Korea Selatan, yang sebelumnya hancur karena perang dan tergolong sebagai negara dunia ketiga, muncul sebagai kekuatan ekonomi nomor 10 di dunia, hanya dalam beberapa dekade saja. Namun menurut sejumlah pakar kesehatan jiwa, perkembangan ekonomi yang pesat malah membawa dampak yang buruk.
Apalagi meski tercatat sebagai negara maju, kasus bunuh diri di Korea Selatan tertinggi di dunia. Di negeri gingseng itu bahkan banyak warga membuat perjanjian lewat internet untuk bunuh diri bersama-sama.
Reporter Jason Strother di Seoul, mencari tahu penyebabnya dan berbincang dengan sebuah kelompok, yang berupaya mencegah bunuh diri.
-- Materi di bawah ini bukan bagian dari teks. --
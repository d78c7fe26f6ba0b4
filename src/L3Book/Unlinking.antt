-- ===== src/L3Book/Unlinking.antt =====
-- `unlink_node` of src/book/l3_book.cpp on the links: the nodes before and behind are joined.
use itchcpp.Prelude.{
  ℕ, ◌<◌, ◌≤◌, ◌≡◌, refl, sym, ◌∙◌, subst, List, [], ◌∷◌, ◌++◌, true, false, ◌==◌, if◌then◌else◌,
  length, arith,
}
use itchcpp.L3Book.{OrderNode, Level, nil, node_at, blank_node, unlink_prev, unlink_next}
use itchcpp.L3Book.Vectors.{set, length-set, get_or-set}
use itchcpp.L3Book.Segments.{
  has, has_ne, Cells, Seg, Split, has-append, Seg-frame, Seg-append, Seg-Split, tail-has,
  Seg-set_last, Seg-set_first,
}
use itchcpp.L3Book.Queues.{SameOrder, Relinked, InPool}

-- One of the two writes: only nodes of `part` have other links.
record Joined (part : List ℕ) (pool pool' : List OrderNode) (level level' : Level) : Type 0 where
  orders_same : (j : ℕ) → SameOrder (node_at pool j) (node_at pool' j)
  others_same : (j : ℕ) → has j part ≡ false → node_at pool' j ≡ node_at pool j
  size_same : length pool' ≡ length pool
  price_same : level'.price ≡ level.price
  total_same : level'.total_shares ≡ level.total_shares
  count_same : level'.order_count ≡ level.order_count

record Front (xs : List ℕ) (mid next : ℕ) (pool pool' : List OrderNode) (level level' : Level)
    : Type 0 where
  links : Seg (node_at pool') nil xs level'.head mid next
  joined : Joined xs pool pool' level level'
  tail_same : level'.tail ≡ level.tail

record Back (zs : List ℕ) (mid next : ℕ) (pool pool' : List OrderNode) (level level' : Level)
    : Type 0 where
  links : Seg (node_at pool') mid zs next level'.tail nil
  joined : Joined zs pool pool' level level'
  head_same : level'.head ≡ level.head

module _ (pool : List OrderNode) (i : ℕ) (level : Level) (room : length pool ≤ nil) where
  unlink_prev-Front :
      (xs : List ℕ) (mid : ℕ)
      → InPool pool xs
      → (node_at pool i).prev ≡ mid
      → Seg (node_at pool) nil xs level.head mid i
      → Front xs mid
          (node_at pool i).next
          pool
          (unlink_prev pool i level).0
          level
          (unlink_prev pool i level).1
  unfolding unlink_prev
  unlink_prev-Front [] mid inside e (h, t) =
      let first : ((node_at pool i).prev == nil) ≡ true = ground arith in
      rw first record {
        links = (refl, t);
        joined = record {
          orders_same = λ j. ground arith;
          others_same = λ j o. refl;
          size_same = refl;
          price_same = refl;
          total_same = refl;
          count_same = refl;
        };
        tail_same = refl;
      }
  unlink_prev-Front (x ∷ xs) mid inside e s =
      let next : ℕ = (node_at pool i).next in
      let last : has mid (x ∷ xs) ≡ true = tail-has (node_at pool) nil x xs level.head mid i s in
      let bound : mid < length pool = inside mid last in
      let more : (mid == nil) ≡ false = ground arith in
      let pool' : List OrderNode = set pool mid (record (node_at pool mid) { next = next }) in
      let same : (j : ℕ)
          → node_at pool' j
            ≡ (if mid == j then record (node_at pool j) { next = next } else node_at pool j) =
        λ j. ground (
          arith,
          get_or-set pool mid j (record (node_at pool mid) { next = next }) blank_node bound,
        ) in
      let links : Seg (node_at pool') nil (x ∷ xs) level.head mid next =
        Seg-set_last (node_at pool) (node_at pool') nil x xs level.head mid i next same s in
      let run : unlink_prev pool i level ≡ (pool', level) = rw (e, more) in
      subst (λ (r : List OrderNode × Level). Front (x ∷ xs) mid next pool r.0 level r.1) (sym run)
        record {
          links = links;
          joined = record {
            orders_same = λ j. rw (same j) (ground arith);
            others_same = λ j o. ground (arith, same j, has_ne j mid (x ∷ xs) o last);
            size_same = length-set pool mid _;
            price_same = refl;
            total_same = refl;
            count_same = refl;
          };
          tail_same = refl;
        }

  unlink_next-Back :
      (zs : List ℕ) (mid : ℕ)
      → InPool pool zs
      → (node_at pool i).prev ≡ mid
      → Seg (node_at pool) i zs (node_at pool i).next level.tail nil
      → Back zs mid
          (node_at pool i).next
          pool
          (unlink_next pool i level).0
          level
          (unlink_next pool i level).1
  unfolding unlink_next
  unlink_next-Back [] mid inside e (h, t) =
      let end : ((node_at pool i).next == nil) ≡ true = ground arith in
      rw end record {
        links = (h, e);
        joined = record {
          orders_same = λ j. ground arith;
          others_same = λ j o. refl;
          size_same = refl;
          price_same = refl;
          total_same = refl;
          count_same = refl;
        };
        head_same = refl;
      }
  unlink_next-Back (z ∷ zs) mid inside e s =
      let next : ℕ = (node_at pool i).next in
      let bound : next < length pool = ground (arith, inside z) in
      let more : (next == nil) ≡ false = ground arith in
      let pool' : List OrderNode = set pool next (record (node_at pool next) { prev = mid }) in
      let same : (j : ℕ)
          → node_at pool' j
            ≡ (if next == j then record (node_at pool j) { prev = mid } else node_at pool j) =
        λ j. ground (
          arith,
          get_or-set pool next j (record (node_at pool next) { prev = mid }) blank_node bound,
        ) in
      let links : Seg (node_at pool') mid (z ∷ zs) next level.tail nil =
        Seg-set_first (node_at pool) (node_at pool') i mid z zs next level.tail nil same s in
      let run : unlink_next pool i level ≡ (pool', level) = rw (more, e) in
      subst (λ (r : List OrderNode × Level). Back (z ∷ zs) mid next pool r.0 level r.1) (sym run)
        record {
          links = links;
          joined = record {
            orders_same = λ j. rw (same j) (ground arith);
            others_same = λ j o. ground (arith, same j, s.0);
            size_same = length-set pool next _;
            price_same = refl;
            total_same = refl;
            count_same = refl;
          };
          head_same = refl;
        }

-- Both writes
abbrev pub unlinked : List OrderNode → ℕ → Level → List OrderNode × Level
unlinked pool i level = unlink_next (unlink_prev pool i level).0 i (unlink_prev pool i level).1

Joined-outside :
    (xs zs : List ℕ) (i j : ℕ)
    → has j (xs ++ i ∷ zs) ≡ false
    → (has j xs ≡ false) × (has j zs ≡ false)
Joined-outside xs zs i j o = ground (arith, has-append j xs (i ∷ zs))

pub unlinked-Relinked :
    (pool : List OrderNode) (i : ℕ) (level : Level) (xs zs : List ℕ)
    → length pool ≤ nil
    → InPool pool (xs ++ i ∷ zs)
    → Seg (node_at pool) nil (xs ++ i ∷ zs) level.head level.tail nil
    → Relinked i
        (xs ++ i ∷ zs)
        (xs ++ zs)
        pool
        (unlinked pool i level).0
        level
        (unlinked pool i level).1
unlinked-Relinked pool i level xs zs room inside s =
    let f : Cells = node_at pool in
    let sp : Split f nil xs (i ∷ zs) level.head level.tail nil =
      Seg-Split f nil xs (i ∷ zs) level.head level.tail nil s in
    let mid : ℕ = sp.mid_tail in
    let (at_i, out, prev, behind) = sp.back in
    let apart : (j : ℕ) → has j xs ≡ true → has j zs ≡ false =
      λ j m. ground (arith, sp.apart j m) in
    let apart' : (j : ℕ) → has j zs ≡ true → has j xs ≡ false = λ j m. ground (arith, sp.apart j) in
    let not_front : has i xs ≡ false = ground (arith, sp.apart i) in
    let pool1 : List OrderNode = (unlink_prev pool i level).0 in
    let level1 : Level = (unlink_prev pool i level).1 in
    let fr : Front xs mid (f i).next pool pool1 level level1 =
      unlink_prev-Front pool i level room xs mid
        (λ j m. inside j (ground (arith, has-append j xs (i ∷ zs)))) prev
        (rw (sym at_i) sp.front) in
    let still : node_at pool1 i ≡ f i = fr.joined.others_same i not_front in
    let behind1 : Seg (node_at pool1) i zs (node_at pool1 i).next level1.tail nil =
      rw (still, fr.tail_same)
        (Seg-frame f (node_at pool1) i zs (f i).next level.tail nil
          (λ j m. fr.joined.others_same j (apart' j m)) behind) in
    let pool2 : List OrderNode = (unlink_next pool1 i level1).0 in
    let level2 : Level = (unlink_next pool1 i level1).1 in
    let bk : Back zs mid (node_at pool1 i).next pool1 pool2 level1 level2 =
      unlink_next-Back pool1 i level1 (rw (fr.joined.size_same) room) zs mid
        (λ j m. rw (fr.joined.size_same) (inside j (ground (arith, has-append j xs (i ∷ zs)))))
        (rw still prev) behind1 in
    let front2 : Seg (node_at pool2) nil xs level2.head mid (f i).next = rw (bk.head_same) (
      Seg-frame (node_at pool1) (node_at pool2) nil xs level1.head mid (f i).next
        (λ j m. bk.joined.others_same j (apart j m)) fr.links) in
    record {
      links =
          Seg-append (node_at pool2) nil xs zs level2.head mid (f i).next level2.tail nil front2
            (subst (λ (n : OrderNode). Seg (node_at pool2) mid zs n.next level2.tail nil) still
              bk.links)
            apart;
      orders_same = λ j. ground (arith, fr.joined.orders_same j, bk.joined.orders_same j);
      others_same = λ j o.
          let o' : (has j xs ≡ false) × (has j zs ≡ false) =
            Joined-outside xs zs i j (ground arith) in
          bk.joined.others_same j o'.1 ∙ fr.joined.others_same j o'.0;
      size_same = bk.joined.size_same ∙ fr.joined.size_same;
      price_same = bk.joined.price_same ∙ fr.joined.price_same;
      total_same = bk.joined.total_same ∙ fr.joined.total_same;
      count_same = bk.joined.count_same ∙ fr.joined.count_same;
    }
Laporannya akan disampaikan Artha Senna.
Di sejumlah peron stasiun kereta api, di Seoul, dibangun pintu kaca yang setinggi langit-langit stasiun. Penghalang ini dibuat, untuk mencegah orang melemparkan diri ke kereta api yang sedang melintas.
Bunuh diri merupakan penyebab kematian nomer empat di Korea. Sebuah survei yang melibatkan 30 negara anggota Organisasi bagi Kerjasama dan Pembangunan Ekonomi (OECD) mengungkap, Korea menduduki posisi paling atas, dengan hampir 25 kasus per 100.000 orang. Menurut para ahli kesehatan, ini berarti setiap hari terjadi 33 kasus bunuh diri.
Doktor Hong Kang-Eui, psikiater dan Presiden Asosiasi Pencegahan Bunuh Diri di Korea mengatakan, jumlah kasus bunuh diri di negeri itu merupakan fenomena baru. Dia yakin, pertumbuhan ekonomi yang pesat telah mengubah pandangan warga soal kehidupan.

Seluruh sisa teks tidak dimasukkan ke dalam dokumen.